Zorena Jantze
THE Fishrot accused trial-awaiting inmates today suffered a blow after High Court Judge Boas Usiku struck their urgent application from the roll due to a lack of urgency.
In the application, the accused challenged their relocation from the C-Section of the Windhoek Correctional Facility (WCF) to the Echo Unit, where all trial-awaiting inmates are kept. James Hatuikulipi, Mike Nghipunya, Otneel Shuudifonya, Pius Mwatelulo, and Ricardo Gustavo were relocated from the C-Section to the Echo Unit on 1 May 2024.
In his judgment, Judge Usiku said that the court held that the complaints raised by the applicants about the decision to relocate them are concerns of every trial-awaiting inmate who has been relocated from a single cell to a communal cell, and the same does not per se render the matter urgent. Further to this, Usiku said that the application to have the matter heard as one of urgency is refused, and the matter is struck from the roll for lack of urgency.
On 6 May 2024, the applicants filed the present urgent application seeking relief. The applicants aver that, once the decision to relocate them is carried out, the damage would be done, and the implementation of the decision will reverberate into the defenses they are trying to assemble under difficult circumstances in their criminal case.
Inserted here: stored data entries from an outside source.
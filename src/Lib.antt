-- ===== src/Lib.antt =====
-- Stunner's core (core/pkg): end-to-end encrypted messaging and file transfer between peers.
--
-- The program: an identity (an Ed25519 and an X25519 key) publishes prekeys; X3DH makes a shared
-- secret with a peer that has a bundle of them; a Double Ratchet session encrypts every message
-- under a key of its own; files travel as chunks sealed under a transfer key that the session
-- carries. The files here model these parts:
--
--   Base and its children: lists and bytes over the native numbers, association lists for Go maps,
--     `Result` for (value, error), and `Method` for methods on a pointer: a method that fails keeps
--     what it has written to the receiver until then.
--   Crypto/Primitives: what the code takes from Go's standard library (HMAC-SHA256, SHA-256, X25519,
--     Ed25519, AES-GCM, encoding/json) as parameters with the documented facts that are relied on.
--     Nothing is assumed of secrecy or of unforgeability.
--   Crypto/Kdf: core/pkg/crypto/kdf.go.
--   Crypto/Ratchet: core/pkg/crypto/ratchet.go and wire.go. The record `Ratchet` is the struct
--     `ratchet`; `encrypt`, `decrypt`, `try_skipped`, `skip`, `dh_ratchet` are its methods; the map of
--     skipped keys is an association list under the text keys of the source, which Ratchet/Text writes.
--   Crypto/X3dh: core/pkg/crypto/x3dh.go.
--   Crypto/Session: core/pkg/crypto/session.go. A session is a place in the heap of its store, so
--     the store's map and the holder of a session see the same ratchet.
--   Identity: core/pkg/identity.
--   FileTransfer: core/pkg/filetransfer, SealFile and OpenFile of core/pkg/crypto/crypto.go, and the
--     chunk count of core/pkg/node/file.go.
--   Contact: core/pkg/contact/contact.go, its book and, in Contact/Uri, its URIs.
--   Mailbox: core/pkg/mailbox/mailbox.go.
--   Vault: core/pkg/vault/vault.go. Account: core/pkg/account/account.go, over the identity file.
--   Settings: core/pkg/settings/settings.go. SafetyNumber: core/pkg/safetynumber/safetynumber.go.
--   Storage: core/pkg/storage/filestore.go, with the file on disk as a field of the state.
--   Signaling: core/pkg/signaling/memory.go, where a call that would wait on a channel fails and
--     changes nothing.
--   Dht: core/pkg/signaling/libp2p.go, the frames on its streams and the routing of answers.
--   Emoji: core/pkg/emoji, with text as its UTF-8 bytes.
--   Messaging: core/pkg/messaging. JSON is a parameter: `Codec` for types of byte strings and
--     numbers, `Json` where strings and times make its round trip conditional.
--   Transport: the interface of core/pkg/transport/transport.go and the pipe of inproc.go;
--     Transport/Pion: the WebRTC connections of pion.go. A call that would wait fails with
--     `would_block`; which case a `select` takes is an argument.
--   Node: core/pkg/node. Node, its children Connect (live.go), Mail (SendOffline, FetchOffline) and
--     File (SendFile, file.go); a method runs on the state of the node and of the connection, so that
--     two nodes on a pipe hand its state to each other. What the peer does while handshakeResponder
--     waits is an argument.
--   Runtime: core/pkg/runtime/runtime.go. The record `Engine` is the struct `Runtime`; each handler
--     is one turn of one goroutine, and Runtime/Reach has them as steps in any order. The outbox and
--     the loops that start links are in Runtime/Turns; SaveState, LoadState and the settings, over
--     Storage, in Runtime/State.
--
-- Randomness: a key or an id that the code draws is an argument of the operation that draws it. A
-- call of GenerateKey is a `Result Bytes`, so that its failure is a case too.
--
-- Bounds and fuel: the ratchet's counters wrap at 2^32 as the source's uint32 do. The loop of
-- `hkdf` runs on the length that is asked for, the loop of `itoa` on the ten bytes of its buffer
-- and the loop of `split` on the length of the file, the loop of `dial` on the twelve attempts,
-- the loop of `replace` on the length of the text; each round makes progress, so this is enough,
-- which the theorems on their results show. The loop of `skip` runs once for every counter that is
-- left.
--
-- Concurrency: the mutex of a session makes each of its methods one step, and so does the mutex of
-- the engine; of what other goroutines do between the steps of `deliver` only Stop is an argument
-- of it.
--
-- Not modelled: the networking (the libp2p host and its DHT, netcheck), the start of the runtime,
-- the libsignal bridge, and the bindings (ffi, mobile, cmd), which are mostly input and output or
-- calls of libraries.
pub mod Base
pub mod Crypto
pub mod Identity
pub mod FileTransfer
pub mod Contact
pub mod Mailbox
pub mod Vault
pub mod Account
pub mod Runtime
pub mod Settings
pub mod Storage
pub mod SafetyNumber
pub mod Signaling
pub mod Messaging
pub mod Transport
pub mod Node
pub mod Emoji
pub mod Dht
mod Examples
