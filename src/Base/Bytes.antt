-- ===== src/Base/Bytes.antt =====
-- Byte sequences and Go strings (which are byte sequences): literals, the order of `bytes.Compare`
-- and of Go's `<=` on strings, and encoding/binary's big-endian integers.
use Prim.Native.Nat.{ℕ, ◌+◌, ◌*◌, ◌/◌, ◌%◌, ◌^◌, ◌<◌, compare, Ordering}
use Prim.Native.Char.{code}
use Prim.Native.String.{String}
use mathlib.Core.Path.{◌≡◌, refl}
use mathlib.Core.Bool.{Bool, true, false}
use mathlib.Core.List.{List, [], ◌∷◌, ◌++◌}
use native.Mathlib.Omega.{arith}
use stunner.Base.Tests.{if◌then◌else◌}
use stunner.Base.Lists.{length}

abbrev pub Bytes : Type 0
Bytes = List ℕ

-- The bytes of an ASCII literal.
abbrev pub codes : String → Bytes
codes String.[] = []
codes (String.◌∷◌ c s) = code c ∷ codes s

abbrev pub All {ℓ κ} : {T : Type ℓ} → (T → Type κ) → List T → Type κ
All Q [] = Unit
All Q (t ∷ ts) = Q t × All Q ts

pub All-append {ℓ κ} :
    {T : Type ℓ} (Q : T → Type κ) (ts us : List T) → All Q ts → All Q us → All Q (ts ++ us)
All-append Q [] us all_ts all_us = all_us
All-append Q (t ∷ ts) us all_ts all_us = (all_ts.0, All-append Q ts us all_ts.1 all_us)

abbrev pub IsByte : ℕ → Type 0
IsByte b = b < 256

-- a <= b in the lexicographic order.
unfoldable pub bytes_le : Bytes → Bytes → Bool
bytes_le [] ys = true
bytes_le (x ∷ xs) [] = false
bytes_le (x ∷ xs) (y ∷ ys) = elim (compare x y) [
  | Ordering.lt ↦ true
  | Ordering.eq ↦ bytes_le xs ys
  | Ordering.gt ↦ false
]

pub bytes_le_antisymm : (a b : Bytes) → bytes_le a b ≡ true → bytes_le b a ≡ true → a ≡ b
unfolding bytes_le
bytes_le_antisymm [] [] p q = refl
bytes_le_antisymm [] (y ∷ ys) p q = ground arith
bytes_le_antisymm (x ∷ xs) [] p q = ground arith
bytes_le_antisymm (x ∷ xs) (y ∷ ys) p q = ground (arith, bytes_le_antisymm xs ys)

pub bytes_le_total : (a b : Bytes) → bytes_le a b ≡ false → bytes_le b a ≡ true
unfolding bytes_le
bytes_le_total [] b p = ground arith
bytes_le_total (x ∷ xs) [] p = refl
bytes_le_total (x ∷ xs) (y ∷ ys) p = ground (arith, bytes_le_total xs ys)

-- The two texts in sorted order, one behind the other, do not depend on the order of the arguments.
abbrev pub sorted_append : Bytes → Bytes → Bytes
sorted_append a b = if bytes_le a b then a ++ b else b ++ a

pub sorted_append_comm : (a b : Bytes) → sorted_append a b ≡ sorted_append b a
sorted_append_comm a b =
    ground (arith, bytes_le_antisymm a b, bytes_le_total a b, bytes_le_total b a)

-- binary.BigEndian.PutUint32.
unfoldable pub be32 : ℕ → Bytes
be32 n = (n / 2 ^ 24 % 256) ∷ (n / 2 ^ 16 % 256) ∷ (n / 2 ^ 8 % 256) ∷ (n % 256) ∷ []

-- binary.BigEndian.Uint32 of four bytes.
unfoldable pub from_be32 : Bytes → ℕ
from_be32 (a ∷ b ∷ c ∷ d ∷ []) = a * 2 ^ 24 + b * 2 ^ 16 + c * 2 ^ 8 + d
from_be32 other = 0

pub from_be32-be32 : (n : ℕ) → n < 2 ^ 32 → from_be32 (be32 n) ≡ n
unfolding from_be32 be32
from_be32-be32 n h = omega arith

pub length-be32 : (n : ℕ) → length (be32 n) ≡ 4
unfolding be32
length-be32 n = refl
In opposition, the respondents, which include the Minister of Safety and Security as well as top-ranking officers of the Namibia Correctional Services (NCS), through their legal counsel, argued that the matter is not urgent and, in the alternative, the urgency is self-created, in that the applicants did not bring the application immediately upon becoming aware of the trigger event; and that the relief sought by the applicants, interdicting the NCS from relocating them, had become moot and academic because they have already been relocated.
The respondents further explained that the applicants were placed in single cells after a request by the investigating authorities to isolate them for the duration of the investigation and that the intention of the NCS was not for them to be kept there indefinitely.
“In the founding affidavit deposed to on behalf of the applicants, it is said that the decision to relocate the applicants was only conveyed to them late on Friday, 18 April 2024, that they will be relocated on 23 or 24 April 2024. I take it that, in summary, those are the circumstances that the applicants aver render the matter urgent. However, that is not the end of the matter. The applicants are also required to state the reasons why they allege that they cannot be afforded substantial redress at a hearing in due course. The issue regarding the absence of substantial redress is of cardinal importance in an urgent application. Absence of such redress is met when an applicant shows that, if the matter were to follow its normal course as laid down by the rules, the applicant will not be afforded substantial redress. Whether an applicant will or will not be able to obtain substantial redress in an application in due course will be determined on the facts of each case,” Usiku said in his judgment.
Touching on arguments brought forth that the prison cell move would negatively affect the applicants’ preparations for their criminal trial, Usiku said that the applicants do not explain the nature of the damage that will be caused to them as a result of the relocation.
“In my view, the averments that the decision to relocate will cause damage or that relocation will hamper the trial preparation effort of the applicants do not, on their own, render a matter urgent. There may be circumstances where the same, coupled with other considerations, would render a matter urgent. However, such circumstances have not been shown to apply to the present matter. In conclusion, on the facts of the present matter, I am not persuaded that the applicants have satisfied the requirement of showing the absence of substantial redress at a hearing in due course. In the present matter, the complaints raised by the applicants about the decision to relocate them are concerns of every trial-awaiting inmate who has been relocated from a single cell to a communal cell, including those who challenge the relocation on the ground that the same is illegal,” Usiku said.